In June, Airbnb was valued at over $25 billion. Anonymous sources speaking to the Wall Street Journal said the company projects $900 million in revenue this year, with an operating loss of $150 million. Douglas Quinby, vice president of research at travel analyst Phocuswright, said the leaked growth objective of profitability by 2020 is “lofty,” with the company needing to greatly increase global market share, particularly in China, to succeed. “I’m not necessarily negative on them,” Quinby said. “The founding team at Airbnb has defied a lot of expectations so far – I’d be reluctant to bet against them.” But the company faces significant headwinds, including the fact that many of its users in hubs like New York City are using the service to rent out their apartments in violation of local laws.
Uber, now a household name, has questionable finances. Leaked figures from Gawker reveal the company brought in $102 million in revenue in the first half of 2014. But it posted a net loss over the two quarters of $161 million. Uber has risen dramatically by providing convenient taxi service at the touch of a button. But how airtight is its business model? This month, local rival Gett launched a campaign offering rides anywhere in Manhattan for $10. Lyft and others are also chasing the ride-hailing market. Officials in numerous municipalities across the world, meanwhile, have charged the company with operating a de facto taxicab company without the proper licenses and insurances. It also faces lawsuits by drivers who say they should be classified as full-time employees – with benefits.

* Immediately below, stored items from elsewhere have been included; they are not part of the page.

-- ===== src/Peers/Framing.antt =====
-- The server's messages arrive whole, however their bytes are split.
use qemu_ntb_switch.Prelude.{
  ℕ, ◌+◌, ◌≤◌, ◌<◌, ◌≡◌, refl, sym, arith, Bool, true, false, ltb, if◌then◌else◌, ap, ◌∙◌, ◌∷◌,
  List, [], ◌++◌, Option, length, length-append, inl, inr, Bool-cases,
}
use native.Mathlib.Nat.{add_assoc}
use mathlib.Core.List.{append-nil, append_assoc}
use qemu_ntb_switch.Device.{World, ok, ◌>>◌, >>=-ok}
use qemu_ntb_switch.Peers.{
  Kvm, ShmFile, ivshmem_read, handle_message, recv_loop, ReadResult, interrupted, failed, bytes,
  received,
}

-- The bytes that are read before a read fails, in order.
unfoldable pub payload : List ReadResult → List ℕ
payload [] = []
payload (interrupted ∷ rs) = payload rs
payload (failed ∷ rs) = []
payload (bytes bs ∷ rs) = bs ++ payload rs

unfoldable pub has_failure : List ReadResult → Bool
has_failure [] = false
has_failure (interrupted ∷ rs) = has_failure rs
has_failure (failed ∷ rs) = true
has_failure (bytes bs ∷ rs) = has_failure rs

length-zero : (xs : List ℕ) → length xs ≡ 0 → xs ≡ []
length-zero [] e = refl
length-zero (x ∷ xs) e = absurd (omega arith)

-- If no read fails and the reads complete exactly the eight bytes of a message that has begun,
-- the receive loop ends with those bytes in order, whatever the sizes of the pieces and however
-- often a read is interrupted.
pub recv_loop-payload :
    (rs : List ReadResult) (so_far : List ℕ)
    → has_failure rs ≡ false
    → length so_far < 8
    → length so_far + length (payload rs) ≡ 8
    → recv_loop rs so_far ≡ received (so_far ++ payload rs)
unfolding recv_loop payload has_failure
recv_loop-payload [] so_far none_fails few all = absurd (omega arith)
recv_loop-payload (interrupted ∷ rs) so_far none_fails few all =
    recv_loop-payload rs so_far none_fails few all
recv_loop-payload (failed ∷ rs) so_far none_fails few all = cc
recv_loop-payload (bytes bs ∷ rs) so_far none_fails few all =
    elim (Bool-cases (ltb (length (so_far ++ bs)) 8)) [
      | inl more ↦ rw more (
          recv_loop-payload rs (so_far ++ bs) none_fails (ground arith)
            (omega (arith, all, length-append so_far bs, length-append bs (payload rs)))
          ∙ ap received (append_assoc so_far bs (payload rs)))
      | inr done ↦
          let full : 8 ≤ length (so_far ++ bs) = ground arith in
          let rest : payload rs ≡ [] =
            length-zero (payload rs)
              (omega (arith, all, length-append so_far bs, length-append bs (payload rs))) in
          rw (done, rest, append-nil bs)
    ]

abbrev with_buf : List ℕ → World → World
with_buf bs w = record w { dev = record w.dev { msg_buf = bs } }

ivshmem_read_lem :
    (k : Kvm) (f : ShmFile) (xs : List ℕ) (fd : Option ℕ) (w : World)
    → length w.dev.msg_buf + length xs ≤ 8
    → ivshmem_read k f xs fd w ≡ (
        if ltb (length w.dev.msg_buf + length xs) 8
        then ok tt (with_buf (w.dev.msg_buf ++ xs) w)
        else handle_message k f (w.dev.msg_buf ++ xs) fd (with_buf [] w))
unfolding ivshmem_read
ivshmem_read_lem k f xs fd w fits = ground arith

read_part :
    (k : Kvm) (f : ShmFile) (xs : List ℕ) (fd : Option ℕ) (w : World)
    → length w.dev.msg_buf + length xs < 8
    → ivshmem_read k f xs fd w ≡ ok tt (with_buf (w.dev.msg_buf ++ xs) w)
unfolding ivshmem_read
read_part k f xs fd w few = ground arith

-- If a piece does not complete the eight bytes of a message and the two pieces together do not
-- exceed them, then receiving the pieces one after the other does what receiving their bytes at
-- once does.
pub ivshmem_read-append :
    (k : Kvm) (f : ShmFile) (xs ys : List ℕ) (fd fd' : Option ℕ) (w : World)
    → length w.dev.msg_buf + length xs < 8
    → length w.dev.msg_buf + length xs + length ys ≤ 8
    → (ivshmem_read k f xs fd >> ivshmem_read k f ys fd') w ≡ ivshmem_read k f (xs ++ ys) fd' w
ivshmem_read-append k f xs ys fd fd' w few fits =
    let buf : List ℕ = w.dev.msg_buf in
    >>=-ok (ivshmem_read k f xs fd) (λ _. ivshmem_read k f ys fd') w (with_buf (buf ++ xs) w) tt
      (read_part k f xs fd w few)
    ∙ ivshmem_read_lem k f ys fd' (with_buf (buf ++ xs) w) (omega (arith, length-append buf xs))
    ∙ regroup
    ∙ sym (ivshmem_read_lem k f (xs ++ ys) fd' w (omega (arith, length-append xs ys)))
  where
    regroup :
        (if ltb (length (w.dev.msg_buf ++ xs) + length ys) 8
          then ok tt (with_buf ((w.dev.msg_buf ++ xs) ++ ys) w)
          else handle_message k f ((w.dev.msg_buf ++ xs) ++ ys) fd' (with_buf [] w))
        ≡ (if ltb (length w.dev.msg_buf + length (xs ++ ys)) 8
            then ok tt (with_buf (w.dev.msg_buf ++ (xs ++ ys)) w)
            else handle_message k f (w.dev.msg_buf ++ (xs ++ ys)) fd' (with_buf [] w))
    regroup = rw (
      append_assoc w.dev.msg_buf xs ys,
      length-append w.dev.msg_buf xs,
      length-append xs ys,
      add_assoc (length w.dev.msg_buf) (length xs) (length ys),
    )
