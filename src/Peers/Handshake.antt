-- ===== src/Peers/Handshake.antt =====
-- The synchronous setup with a server that sends its messages in the order of ivshmem-server.
use qemu_ntb_switch.Prelude.{
  ℕ, ◌≤◌, ◌≡◌, arith, true, false, some, none, List, ◌∷◌, pos, negsuc, ◌∙◌,
}
use qemu_ntb_switch.Device.{World, ok}
use qemu_ntb_switch.Peers.{
  Kvm, ShmFile, Message, Transmission, set_up, ivshmem_recv_msg, ivshmem_recv_setup, recv_id,
  recv_until_shmem, process_msg,
}

abbrev mapped : World → World
mapped w = record w { dev = record w.dev { ivshmem_bar2 = true } }

-- A transmission is read as the message.
abbrev pub Reads : Transmission → Message → Type 0
Reads t m = ivshmem_recv_msg t ≡ some (some m)

shmem_lem :
    (k : Kvm) (f : ShmFile) (t : Transmission) (rest : List Transmission) (fd size : ℕ) (w : World)
    → Reads t (record { number = negsuc 0; fd = some fd })
    → w.dev.ivshmem_bar2 ≡ false
    → f.file_size ≡ some size
    → f.inits_ram ≡ true
    → recv_until_shmem k f (t ∷ rest) w ≡ ok set_up (mapped w)
unfolding recv_until_shmem process_msg
shmem_lem k f t rest fd size w e unmapped sized inits = ground arith

id_lem :
    (k : Kvm) (f : ShmFile) (t : Transmission) (rest : List Transmission) (n : ℕ) (w : World)
    → Reads t (record { number = pos n; fd = none })
    → n ≤ 0xFFFF
    → recv_id k f (t ∷ rest) w
      ≡ recv_until_shmem k f rest (record w { dev = record w.dev { vm_id = n } })
unfolding recv_id
id_lem k f t rest n w e le = ground arith

version_lem :
    (v : ℕ) (k : Kvm) (f : ShmFile) (t : Transmission) (rest : List Transmission) (w : World)
    → Reads t (record { number = pos v; fd = none })
    → ivshmem_recv_setup v k f (t ∷ rest) w ≡ recv_id k f rest w
unfolding ivshmem_recv_setup
version_lem v k f t rest w e = ground arith

-- If the server sends the expected version, then an identifier of at most 0xFFFF, both without
-- a descriptor, and then -1 with a descriptor whose size is known and which QEMU maps, the
-- setup of a device without shared memory completes at the third message with that identifier
-- and the shared memory mapped, and changes nothing else.
pub ivshmem_recv_setup-completes :
    (v : ℕ) (k : Kvm) (f : ShmFile) (t1 t2 t3 : Transmission) (rest : List Transmission)
    (n fd size : ℕ) (w : World)
    → Reads t1 (record { number = pos v; fd = none })
    → Reads t2 (record { number = pos n; fd = none })
    → n ≤ 0xFFFF
    → Reads t3 (record { number = negsuc 0; fd = some fd })
    → w.dev.ivshmem_bar2 ≡ false
    → f.file_size ≡ some size
    → f.inits_ram ≡ true
    → ivshmem_recv_setup v k f (t1 ∷ t2 ∷ t3 ∷ rest) w
      ≡ ok set_up (record w { dev = record w.dev { vm_id = n; ivshmem_bar2 = true } })
ivshmem_recv_setup-completes v k f t1 t2 t3 rest n fd size w e1 e2 le e3 unmapped sized inits =
    version_lem v k f t1 (t2 ∷ t3 ∷ rest) w e1
    ∙ id_lem k f t2 (t3 ∷ rest) n w e2 le
    ∙ shmem_lem k f t3 rest fd size (record w { dev = record w.dev { vm_id = n } }) e3 unmapped
        sized inits
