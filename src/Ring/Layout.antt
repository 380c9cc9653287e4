-- ===== src/Ring/Layout.antt =====
-- user_src/ntb_utils.h and ntb_utils.c: the profiling ring that the receiver lays out in the
-- memory window, and the addresses of its slots.
use qemu_ntb_switch.Prelude.{
  ℕ, ◌+◌, ◌-◌, ◌*◌, ◌/◌, ◌%◌, ◌^◌, ◌||◌, ltb, leb, ◌==◌, if◌then◌else◌, u64,
}

-- The sizes that the static assertions of ntb_utils.c fix.
abbrev pub ring_header_bytes : ℕ
ring_header_bytes = 64

abbrev pub ring_slot_bytes : ℕ
ring_slot_bytes = 64

-- NTB_PROFILE_RING_MAGIC, NTB_PROFILE_RING_VERSION and NTB_PROFILE_RING_FLAG_DONE.
abbrev pub ring_magic : ℕ
ring_magic = 1314144848

abbrev pub ring_version : ℕ
ring_version = 1

abbrev pub ring_flag_done : ℕ
ring_flag_done = 1

-- `ntb_profile_ring_header`, less its reserved word.
pub record RingHeader : Type 0 where
  pub magic : ℕ
  pub version : ℕ
  pub header_size : ℕ
  pub slot_header_size : ℕ
  pub slot_count : ℕ
  pub slot_size : ℕ
  pub flags : ℕ
  pub head : ℕ
  pub tail : ℕ
  pub total_bytes : ℕ
  pub elapsed_ns : ℕ

-- `ntb_profile_ring_slot`, less its reserved bytes.
pub record RingSlot : Type 0 where
  pub seq : ℕ
  pub total : ℕ
  pub len : ℕ
  pub flags : ℕ

-- The mapped window: the header at its start, the slot headers and the payload bytes by offset.
pub record Ring : Type 0 where
  pub header : RingHeader
  pub slots : ℕ → RingSlot
  pub bytes : ℕ → ℕ

unfoldable pub ntb_ring_max_slot_size : ℕ → ℕ
ntb_ring_max_slot_size capacity =
    if leb capacity (ring_header_bytes + ring_slot_bytes)
    then 0
    else capacity - ring_header_bytes - ring_slot_bytes

-- UINT32_MAX
abbrev pub uint32_max : ℕ
uint32_max = 2 ^ 32 - 1

unfoldable pub ntb_ring_calc_slot_count : ℕ → ℕ → ℕ
ntb_ring_calc_slot_count capacity slot_size =
    if slot_size == 0 || leb capacity ring_header_bytes
    then 0
    else (let slots = (capacity - ring_header_bytes) / u64 (ring_slot_bytes + slot_size) in
        if ltb uint32_max slots then uint32_max else slots)

-- The offset of the slot with this index. C leaves `index % 0` undefined.
unfoldable pub ntb_ring_slot : RingHeader → ℕ → ℕ
ntb_ring_slot h index =
    u64 (h.header_size + index % h.slot_count * u64 (h.slot_header_size + h.slot_size))

unfoldable pub ntb_ring_slot_payload : RingHeader → ℕ → ℕ
ntb_ring_slot_payload h slot = u64 (slot + h.slot_header_size)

William Hsu, a partner at Mucker Capital, compared the enterprise value of Uber divided by the last twelve months of revenue and found that Uber’s valuation multiple in 2014 was triple that of eBay at the height of the dot-com bubble in 2000.
Paul Kedrosky, a partner at SK Ventures, said many unicorns are overvalued and have entered bubble territory. This is creating a situation where mispricing is prevalent, and the only way out is either going to be some failed IPOs or a lot of dead unicorns.
Business Crash
If even some of these companies falter, thousands of workers would be out of a job. But the impact would go well beyond that. According to the New York Times, Fidelity Investments is one of the major investors in Airbnb, Uber and Pinterest, investing a combined $390 million. Deals like these, also struck by money managers like T. Rowe Price and BlackRock, pool the shares into mutual funds that go into retirement accounts. Managers argue, however, that mutual funds depend little on individual stock, with Fidelity’s Uber stock accounting for less than 1 percent of total holdings.
Innovation could also suffer if burned investors look to park their money into more proven industries in the future. "Within the entrepreneurship ecosystem, innovation has become a fad where open-ended thinking combined with visual brainstorming is wrongly associated with being innovative," said Sharma. "When the bubble does burst, a frenzy-driven innovation pursuit will also be blamed for causing the collapse and erosion of wealth."
"I think a main effect of a lot of unicorn failures is that investment will likely slow and private tech companies will find it harder to raise money," added Barry Kramer, partner at Fenwick & West. In other words, it won’t be pretty.